WHAT TO WORK ON: Look through the listing below for the string "false". Show each line where it occurs.

RECORDS FOR THIS TASK:
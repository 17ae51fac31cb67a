-- ===== src/Server/KeepAlive.antt =====
-- `sendResponse` and `isKeepAlive` of the server, with what the session makes of the flag.
use priority_http_server.Prelude.{
  ℕ, ◌≡◌, ◌↔◌, refl, Bool, true, false, [], ◌∷◌, map, Option, some, arith, if◌then◌else◌, count_if,
  inl, inr, is_empty, Option-cases,
}
use priority_http_server.Prelude.Text.{Text, codes, text_eq_iff, to_lower}
use priority_http_server.Http.{
  Http, Request, server, access_control_allow_origin, content_type, content_length,
}
use priority_http_server.Session.{
  Session, written, on_write, write_done, write_failed, end_session,
  send_response as session_response,
}
use priority_http_server.Session.Ending.{is_end, is_io}
use priority_http_server.Server.{is_keep_alive, send_response}

module _ (http : Http) where
  asks_close :
      (req : Request http) (value : Text)
      → req.find (codes "Connection") ≡ some value
      → map to_lower value ≡ codes "close"
      → is_keep_alive http (some req) ≡ false
  unfolding is_keep_alive
  asks_close req value h c = rw (is_keep_alive, h) (rw ((text_eq_iff _ _).1 c) refl)

  -- The connection is not kept exactly for a request whose Connection header is `close`, in whatever
  -- case.
  pub is_keep_alive_iff :
      (req : Request http)
      → (is_keep_alive http (some req) ≡ false) ↔ (
          (value : Text) × (req.find (codes "Connection") ≡ some value)
          × (map to_lower value ≡ codes "close"))
  unfolding is_keep_alive
  is_keep_alive_iff req = (
    (λ k. elim (Option-cases (req.find (codes "Connection"))) [
      | inl e ↦ absurd (ground (arith, e, k))
      | inr (value, e) ↦ (value, e, (text_eq_iff _ _).0 (ground (arith, e, k)))
    ]),
    λ c. asks_close req c.0 c.1 c.2,
  )

  -- The server names itself in every response, and names the allowed origin where one is
  -- configured; the type and the length of the content, the status and the body stay.
  pub send_response_fields :
      (server_name origin : Text) (enable : Bool) (req : Option (Request http))
      (res : http.Response)
      → let sent = (send_response http server_name origin enable req res).0 in
        (http.field_of server sent ≡ some server_name)
        × (http.field_of access_control_allow_origin sent ≡ (
            if is_empty origin then http.field_of access_control_allow_origin res else some origin))
        × (http.field_of content_type sent ≡ http.field_of content_type res)
        × (http.field_of content_length sent ≡ http.field_of content_length res)
        × (http.status_of sent ≡ http.status_of res)
        × (http.body_of sent ≡ http.body_of res)
  unfolding send_response
  send_response_fields server_name [] enable req res =
      simp (http.field-set, http.status-set, http.body-set) (refl, refl, refl, refl, refl, refl)
  send_response_fields server_name (c ∷ origin) enable req res =
      simp (http.field-set, http.status-set, http.body-set) (refl, refl, refl, refl, refl, refl)

  unkept_ends :
      (limit : ℕ) (draining : Bool) (sent : http.Response) (s : Session)
      → s.closed ≡ false
      → s.ended ≡ false
      → let after = on_write http limit draining written (session_response http sent false s).0 in
        (after.0.ended ≡ true)
        × (count_if (is_end http) after.1 ≡ 1)
        × (count_if (is_io http) after.1 ≡ 0)
  unfolding session_response on_write write_done write_failed end_session count_if
  unkept_ends limit draining sent s o e = ground (arith, o, e)

  -- Once a response to a request that asks to close is written on a session that is neither closed
  -- nor ended, the session ends, reports its end once, and reads and writes nothing more.
  pub close_ends_session :
      (server_name origin value : Text) (enable draining : Bool) (limit : ℕ) (req : Request http)
      (res : http.Response) (s : Session)
      → s.closed ≡ false
      → s.ended ≡ false
      → req.find (codes "Connection") ≡ some value
      → map to_lower value ≡ codes "close"
      → let (sent, keep) = send_response http server_name origin enable (some req) res in
        let after = on_write http limit draining written (session_response http sent keep s).0 in
        (after.0.ended ≡ true)
        × (count_if (is_end http) after.1 ≡ 1)
        × (count_if (is_io http) after.1 ≡ 0)
  unfolding send_response
  close_ends_session server_name origin value enable draining limit req res s o e h c =
      rw (asks_close req value h c) (
        unkept_ends limit draining (send_response http server_name origin enable (some req) res).0 s
          o e)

WORKED SOLUTION:
  ℕ, ◌≡◌, ◌↔◌, refl, Bool, true, false, [], ◌∷◌, map, Option, some, arith, if◌then◌else◌, count_if,
      → is_keep_alive http (some req) ≡ false
      → (is_keep_alive http (some req) ≡ false) ↔ (
      → s.closed ≡ false
      → s.ended ≡ false
      → let after = on_write http limit draining written (session_response http sent false s).0 in
      → s.closed ≡ false
      → s.ended ≡ false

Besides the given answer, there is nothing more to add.